**PROBLEM DETAILS:** Reproduce precisely the lines of the listing below, starting with the line that contains "moved : (r : Text)" and stopping after the line that contains "(path : Text) (d : Directory)"; include nothing else.

**EXERCISE DATA:**
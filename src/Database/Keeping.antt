-- ===== src/Database/Keeping.antt =====
-- The record of operations, beside the writes of internal/database/sqlite.go.
use bt_go.Prelude.{
  ℕ, suc, ◌≡◌, refl, ◌∙◌, Bool, true, false, Option, none, some, List, [], ◌∷◌, ◌++◌, codes, Text,
  Result, ok, err, Act, lift, reads, pure, continue, ◌>>=◌, ◌>>◌, arith, if◌then◌else◌,
}
use bt_go.Models.{Directory, File, FileSnapshot, Content, BackupOperation}
use bt_go.FilePaths.{rel, join}
use bt_go.Database.Tables.{Tables}
use bt_go.Database.Queries.{
  insert_directory, delete_directory_by_id, update_file_directory_and_name, insert_file,
  update_file_current_snapshot, insert_file_snapshot, insert_content, get_files_by_directory_id,
  get_directories_by_path_prefix,
}
use bt_go.Database.Sqlite.{Sources, Sqlite, query, exec, settle, transaction}
use bt_go.Database.Recording.{
  add_snapshot, find_or_insert_file, ensure_content, ensure_contents, record_body,
  create_file_snapshot_and_content, check_current,
}
use bt_go.Database.Consolidation.{
  move_files, move_child, move_children, create_body, create_directory,
}

-- The rows of the operations, and the last id that was given to one.
abbrev pub log_of : Tables → List BackupOperation × ℕ
log_of db = (db.backup_operations, db.sequence)

-- An action after which the record of operations is as before.
abbrev pub KeepsLog : {A : Type 0} → Act Sqlite A → Type 0
KeepsLog m = (db : Sqlite) → log_of (m db).1.tables ≡ log_of db.tables

module _ {A B : Type 0} where
  pub KeepsLog-bind :
      (m : Act Sqlite A) (f : A → Act Sqlite B)
      → KeepsLog m
      → ((a : A) → KeepsLog (f a))
      → KeepsLog (m >>= f)
  KeepsLog-bind m f h k db = go (m db).0 (m db).1 ∙ h db
    where
      go :
          (r : Result A) (after : Sqlite)
          → log_of (continue r f after).1.tables ≡ log_of after.tables
      go (ok a) after = k a after
      go (err e) after = refl

module _ {A : Type 0} where
  KeepsLog-transaction : (m : Act Sqlite A) → KeepsLog m → KeepsLog (transaction m)
  unfolding transaction
  KeepsLog-transaction m h db = go (m db) (h db)
    where
      go :
          (res : Result A × Sqlite)
          → log_of res.1.tables ≡ log_of db.tables
          → log_of (settle db.tables res).1.tables ≡ log_of db.tables
      go (ok a, after) e = e
      go (err e', after) e = refl

insert_file-log : (x : File) (db : Tables) → log_of (insert_file x db).1 ≡ log_of db
unfolding insert_file
insert_file-log x db = ground arith

insert_content-log : (x : Content) (db : Tables) → log_of (insert_content x db).1 ≡ log_of db
unfolding insert_content
insert_content-log x db = ground arith

insert_file_snapshot-log :
    (x : FileSnapshot) (db : Tables) → log_of (insert_file_snapshot x db).1 ≡ log_of db
unfolding insert_file_snapshot
insert_file_snapshot-log x db = ground arith

update_file_current_snapshot-log :
    (s : Option Text) (id : Text) (db : Tables)
    → log_of (update_file_current_snapshot s id db).1 ≡ log_of db
unfolding update_file_current_snapshot
update_file_current_snapshot-log s id db = ground arith

update_file_directory_and_name-log :
    (d n id : Text) (db : Tables) → log_of (update_file_directory_and_name d n id db).1 ≡ log_of db
unfolding update_file_directory_and_name
update_file_directory_and_name-log d n id db = ground arith

insert_directory-log : (x : Directory) (db : Tables) → log_of (insert_directory x db).1 ≡ log_of db
unfolding insert_directory
insert_directory-log x db = ground arith

module _ (env : Sources) where
  ensure_content-KeepsLog : (id : Text) (link : Option Text) → KeepsLog (ensure_content env id link)
  unfolding ensure_content
  ensure_content-KeepsLog id link db = ground (
    arith,
    insert_content-log
        (record { id = id; created_at = env.now db.clock; encrypted_content_id = link }) db.tables,
  )

  ensure_contents-KeepsLog : (id e : Text) → KeepsLog (ensure_contents env id e)
  unfolding ensure_contents
  ensure_contents-KeepsLog id [] = ensure_content-KeepsLog id none
  ensure_contents-KeepsLog id (c ∷ cs) =
      KeepsLog-bind _ _ (ensure_content-KeepsLog (c ∷ cs) none)
        (λ _. ensure_content-KeepsLog id (some (c ∷ cs)))

  find_or_insert_file-KeepsLog : (d r : Text) → KeepsLog (find_or_insert_file env d r)
  unfolding find_or_insert_file
  find_or_insert_file-KeepsLog d r db = ground (
    arith,
    insert_file-log
        (record {
          id = env.new_id db.ids;
          name = r;
          directory_id = d;
          current_snapshot_id = none;
          deleted = false;
        })
        db.tables,
  )

  add_snapshot-KeepsLog : (file : File) (s : FileSnapshot) → KeepsLog (add_snapshot file s)
  unfolding add_snapshot
  add_snapshot-KeepsLog file s =
      KeepsLog-bind (query (insert_file_snapshot (record s { file_id = file.id })))
        (λ created. query (update_file_current_snapshot (some created.id) file.id))
        (λ db. insert_file_snapshot-log _ db.tables)
        (λ created db. update_file_current_snapshot-log _ _ db.tables)

  last_step-KeepsLog :
      (file : File) (s : FileSnapshot) (unchanged : Bool)
      → KeepsLog (if unchanged then pure tt else add_snapshot file s)
  last_step-KeepsLog file s true = λ db. refl
  last_step-KeepsLog file s false = add_snapshot-KeepsLog file s

  pub create_file_snapshot_and_content-KeepsLog :
      (d r : Text) (s : FileSnapshot) (e : Text)
      → KeepsLog (create_file_snapshot_and_content env d r s e)
  unfolding create_file_snapshot_and_content record_body
  create_file_snapshot_and_content-KeepsLog d r s e =
      KeepsLog-transaction (record_body env d r s e) (
        KeepsLog-bind (find_or_insert_file env d r) _ (find_or_insert_file-KeepsLog d r) (λ file.
          KeepsLog-bind (ensure_contents env s.content_id e) _
            (ensure_contents-KeepsLog s.content_id e)
            (λ _.
              KeepsLog-bind (reads (λ db. check_current s file.current_snapshot_id db.tables)) _
                (λ db. refl) (last_step-KeepsLog file s))))

move_files-KeepsLog :
    (d : Directory) (r : Text) (files : List File) → KeepsLog (move_files d r files)
unfolding move_files
move_files-KeepsLog d r [] = λ db. refl
move_files-KeepsLog d r (file ∷ files) =
    KeepsLog-bind (query (update_file_directory_and_name d.id (join r file.name) file.id)) _
      (λ db. update_file_directory_and_name-log _ _ _ db.tables)
      (λ _. move_files-KeepsLog d r files)

move_child-KeepsLog : (path : Text) (d child : Directory) → KeepsLog (move_child path d child)
unfolding move_child delete_directory_by_id
move_child-KeepsLog path d child = λ db.
    KeepsLog-bind (lift (rel path child.path)) (rest (get_files_by_directory_id child.id db.tables))
      (λ db'. refl) (λ r. moved r (get_files_by_directory_id child.id db.tables)) db
  where
    rest : List File → Text → Act Sqlite (Unit {0})
    rest files r = move_files d r files >> exec (delete_directory_by_id child.id)

    moved : (r : Text) (files : List File) → KeepsLog (rest files r)
    moved r files =
        KeepsLog-bind (move_files d r files) (λ _. exec (delete_directory_by_id child.id))
          (move_files-KeepsLog d r files) (λ _ db. refl)

move_children-KeepsLog :
    (path : Text) (d : Directory) (children : List Directory)
    → KeepsLog (move_children path d children)
unfolding move_children
move_children-KeepsLog path d [] = λ db. refl
move_children-KeepsLog path d (child ∷ children) =
    KeepsLog-bind (move_child path d child) _ (move_child-KeepsLog path d child)
      (λ _. move_children-KeepsLog path d children)

module _ (env : Sources) (path : Text) (encrypted : Bool) where
  pub create_directory-KeepsLog : KeepsLog (create_directory env path encrypted)
  unfolding create_directory create_body
  create_directory-KeepsLog = KeepsLog-transaction (create_body env path encrypted) (λ db.
      KeepsLog-bind (query (insert_directory (row db)))
        (after (get_directories_by_path_prefix (path ++ codes "/%") db.tables))
        (λ db'. insert_directory-log (row db) db'.tables)
        (λ d. moved d (get_directories_by_path_prefix (path ++ codes "/%") db.tables))
        (record db { ids = suc db.ids; clock = suc db.clock }))
    where
      row : Sqlite → Directory
      row db = record {
        id = env.new_id db.ids;
        path = path;
        created_at = env.now db.clock;
        encrypted = if encrypted then 1 else 0;
      }

      after : List Directory → Directory → Act Sqlite Directory
      after children d = move_children path d children >> pure d

      moved : (d : Directory) (children : List Directory) → KeepsLog (after children d)
      moved d children =
          KeepsLog-bind (move_children path d children) (λ _. pure d)
            (move_children-KeepsLog path d children) (λ _ db. refl)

**RESPONSE TO THIS TASK:**
    moved : (r : Text) (files : List File) → KeepsLog (rest files r)
    moved r files =
        KeepsLog-bind (move_files d r files) (λ _. exec (delete_directory_by_id child.id))
          (move_files-KeepsLog d r files) (λ _ db. refl)

move_children-KeepsLog :
    (path : Text) (d : Directory) (children : List Directory)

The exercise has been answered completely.